I’d imagine a Miata would be a pretty good little beastie in the snow with a set of Blizzaks. I think I’d have a hard time not getting the daughter a Tribute and then going out a picking up that 6 speed RX-8 you want. Life is short to not spend a little bit of cash for alot of enjoyment.
Absolutely hilarious that you mention the Tribute. My wife’s car is a 2006 Tribute we bought new and now has 90,000 miles and she would have a fit if I bought her something new. She loves it. Daughter number 1 has one semester left in college and we picked up a 2001 Tribute last fall for $4,500 with 165,000 miles that has been perfect for the task. Daughter number 2 is starting her third year in college and has a 2004 Tribute picked up this spring. Awesome car for the task.
Yes, I operate a fleet, more by accident than design. Older girls and my wife each need a car to deal with work, school, etc. Soon enough they will be on their own and those cars come off my fleet. Can’t happen soon enough. The Colony Park was picked up in 2002 for $4,500 and after 4 trips to Disney World, years of pulling a folding camper and taking two kids to college, is now a family heirloom and I would be in BIG trouble if I sold it. The 1983 RX-7 is really the one “toy,” but at $4,500 for a 54,000 mile one owner, is not very expensive.
Daughter number 3 is more athletic and sporty, but a little country. I have shown her pictures of my first ever new car, a 1987 Mazda B2000 SE-5 and she absolutely wants that truck.

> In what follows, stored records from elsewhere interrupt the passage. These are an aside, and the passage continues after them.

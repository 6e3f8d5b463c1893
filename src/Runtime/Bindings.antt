-- ===== src/Runtime/Bindings.antt =====
-- Streams and channels: each stream's channel has the stream's priority on every engine.
use softgpu.Base.{
  ℕ, zero, suc, ◌+◌, ◌≤◌, ◌<◌, ◌≡◌, ◌≢◌, refl, ap, ◌∙◌, inl, inr, List, All, arith, eq_or_ne,
}
use softgpu.Errno.{ok}
use softgpu.Integers.{ℤ}
use softgpu.Runtime.{Runtime}
use softgpu.Runtime.Api.{Priorities}
use softgpu.Runtime.Bind.{set_priority_from}
use softgpu.Runtime.ChannelSearch.{uses, Agrees}

-- After `set_priority_all` of channel c on engines e, ..., t - 1.
pub record Programmed {D : Type 0} (api : Priorities D) (d d' : D) (c : ℕ) (p : ℤ) (e t : ℕ)
    : Type 0 where
  pub sets : (i : ℕ) → e ≤ i → i < t → api.priority d' i c ≡ p
  pub others : (i j : ℕ) → j ≢ c → api.priority d' i j ≡ api.priority d i j
  pub before : (i : ℕ) → i < e → api.priority d' i c ≡ api.priority d i c
  pub same_engines : api.engines d' ≡ api.engines d
  pub same_channels : api.channels d' ≡ api.channels d

-- The streams `l`, each with its channel and its priority, are bound: a channel's users are the
-- streams on it, each stream's channel has its priority, and the driver has programmed every
-- channel with its priority on every engine.
pub record IsBound {D : Type 0} (api : Priorities D) (rt : Runtime D) (l : List (ℕ × ℤ))
    : Type 0 where
  pub counted : (c : ℕ) → (rt.bind c).users ≡ uses c l
  pub agree : All (Agrees rt.bind rt.num_channels) l
  pub programmed :
      (e c : ℕ)
      → e < rt.num_engines
      → c < rt.num_channels
      → api.priority rt.drv e c ≡ (rt.bind c).priority
  pub engines : api.engines rt.drv ≡ rt.num_engines
  pub channels : api.channels rt.drv ≡ rt.num_channels

module _ {D : Type 0} (api : Priorities D) where
  pub set_priority_from-Programmed :
      (c : ℕ) (p : ℤ) (e n t : ℕ) (d : D)
      → e + n ≡ t
      → t ≤ api.engines d
      → c < api.channels d
      → api.InRange p
      → let (rc, d') = set_priority_from api c p e n d in (rc ≡ ok) × Programmed api d d' c p e t
  unfolding set_priority_from
  set_priority_from-Programmed c p e zero t d q h l r = (
    refl,
    record {
      sets = λ i a b. absurd (omega (arith, a, b, q));
      others = λ i j a. refl;
      before = λ i a. refl;
      same_engines = refl;
      same_channels = refl;
    },
  )
  set_priority_from-Programmed c p e (suc n) t d q h l r =
      let d' = (api.set_priority e c p d).1 in
      let rc = api.accepts e c p d (omega (arith, q, h)) l r in
      let ee = api.keeps_engines e c p d in
      let cc' = api.keeps_channels e c p d in
      let (rest, k) =
        set_priority_from-Programmed c p (suc e) n t d' (omega (arith, q)) (omega (arith, h, ee))
          (omega (arith, l, cc')) r in
      rw rc (
        rest,
        record {
          sets = λ i a b. elim (eq_or_ne i e) [
            | inl z ↦
                ap (λ x. api.priority (set_priority_from api c p (suc e) n d').1 x c) z
                ∙ k.before e (omega arith)
                ∙ api.sets e c p d rc
            | inr z ↦ k.sets i (omega (arith, a, z)) b
          ];
          others = λ i j a. k.others i j a ∙ api.keeps e c p d i j (inr a);
          before =
              λ i a. k.before i (omega (arith, a)) ∙ api.keeps e c p d i c (inl (omega (arith, a)));
          same_engines = k.same_engines ∙ ee;
          same_channels = k.same_channels ∙ cc';
        },
      )
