-- ===== src/Runtime/Buffers.antt =====
-- src/runtime/runtime.cpp: device memory, managed memory and pinned host memory. A pointer is its
-- address, 0 for null; what a call stores through an `out` pointer is an `Option`.
use softgpu.Base.{
  ℕ, ◌+◌, ◌-◌, ◌*◌, ◌/◌, ◌%◌, ◌^◌, Option, none, some, not, ◌||◌, ◌==◌, if◌then◌else◌,
}
use softgpu.Device.Runlist.{is_ok}
use softgpu.Runtime.{
  SgError, sg_ok, not_initialized, invalid_value, out_of_memory, from_errno, Runtime, is_open,
}
use softgpu.Runtime.Api.{Buffers, Queues}
use softgpu.Runtime.Submit.{wait_all}

-- The page of sgMallocHost, and `(bytes + page - 1) / page * page` on 64 bits.
abbrev pub host_page : ℕ
host_page = 4096

unfoldable pub round_to_page : ℕ → ℕ
round_to_page bytes = (bytes + host_page - 1) % 2 ^ 64 / host_page * host_page

module _ {D : Type 0} (buffers : Buffers D) where
  -- sgHoldHostFaults
  unfoldable pub hold_host_faults : Runtime D → ℕ → Runtime D
  hold_host_faults rt hold =
      if not (is_open rt) then rt else record rt { drv = buffers.hold hold rt.drv }

  -- sgMalloc
  unfoldable pub malloc : Runtime D → ℕ → ℕ → SgError × Option ℕ × Runtime D
  malloc rt out bytes =
      let (rc, addr, d) = buffers.alloc bytes rt.drv in
      if not (is_open rt)
      then (not_initialized, none, rt)
      else if (out == 0) || (bytes == 0)
      then (invalid_value, none, rt)
      else (from_errno rc, if is_ok rc then some addr else none, record rt { drv = d })

  -- sgFree
  unfoldable pub free : Runtime D → ℕ → SgError × Runtime D
  free rt ptr =
      let (rc, d) = buffers.free ptr rt.drv in
      if not (is_open rt) then (not_initialized, rt) else (from_errno rc, record rt { drv = d })

  -- sgMallocManaged: the device's address and the host's.
  unfoldable pub malloc_managed : Runtime D → ℕ → ℕ → ℕ → SgError × Option (ℕ × ℕ) × Runtime D
  malloc_managed rt dev host bytes =
      let (rc, addrs, d) = buffers.alloc_managed bytes rt.drv in
      if not (is_open rt)
      then (not_initialized, none, rt)
      else if (dev == 0) || (host == 0) || (bytes == 0)
      then (invalid_value, none, rt)
      else (from_errno rc, if is_ok rc then some addrs else none, record rt { drv = d })

  -- The part of sgMallocHost after posix_memalign.
  unfoldable pub pin_new : Runtime D → ℕ → Option ℕ → SgError × Option ℕ × Runtime D
  pin_new rt rounded none = (out_of_memory, none, rt)
  pin_new rt rounded (some p) =
      let (rc, d) = buffers.pin p rounded rt.drv in
      if not (is_ok rc)
      then (from_errno rc, none, record rt { drv = buffers.release p d })
      else (sg_ok, some p, record rt { drv = d })

  -- sgMallocHost
  unfoldable pub malloc_host : Runtime D → ℕ → ℕ → SgError × Option ℕ × Runtime D
  unfolding pin_new round_to_page
  malloc_host rt out bytes =
      let (p, d) = buffers.memalign host_page (round_to_page bytes) rt.drv in
      let done = pin_new (record rt { drv = d }) (round_to_page bytes) p in
      if not (is_open rt)
      then (not_initialized, none, rt)
      else if (out == 0) || (bytes == 0)
      then (invalid_value, none, rt)
      else done

  -- sgFreeHost
  unfoldable pub free_host : Queues D → Runtime D → ℕ → SgError × Runtime D
  unfolding wait_all
  free_host queues rt ptr =
      let (rc, d) = buffers.unpin ptr rt.drv in
      let (e, rt') = wait_all queues (record rt { drv = d }) in
      if not (is_open rt)
      then (not_initialized, rt)
      else if ptr == 0
      then (invalid_value, rt)
      else if not (is_ok rc)
      then (from_errno rc, record rt { drv = d })
      else (e, record rt' { drv = buffers.release ptr rt'.drv })

  -- sgHostRegister
  unfoldable pub host_register : Runtime D → ℕ → ℕ → SgError × Runtime D
  host_register rt ptr bytes =
      let (rc, d) = buffers.pin ptr bytes rt.drv in
      if not (is_open rt)
      then (not_initialized, rt)
      else if (ptr == 0) || (bytes == 0)
      then (invalid_value, rt)
      else (from_errno rc, record rt { drv = d })

  -- sgHostUnregister
  unfoldable pub host_unregister : Runtime D → ℕ → SgError × Runtime D
  host_unregister rt ptr =
      let (rc, d) = buffers.unpin ptr rt.drv in
      if not (is_open rt)
      then (not_initialized, rt)
      else if ptr == 0
      then (invalid_value, rt)
      else (from_errno rc, record rt { drv = d })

Bad. I loved that truck. Best little pickup ever. Period. But, they don’t make ’em like that anymore, sadly, though I also explained to her that I would probably be charged with child endangerment if I put her in a car with so little safety equipment, so it would never happen.
Winter tires on a perfectly balanced RWD chassis is as good a winter car as I have ever had. Far better than a top heavy unbalanced SUV.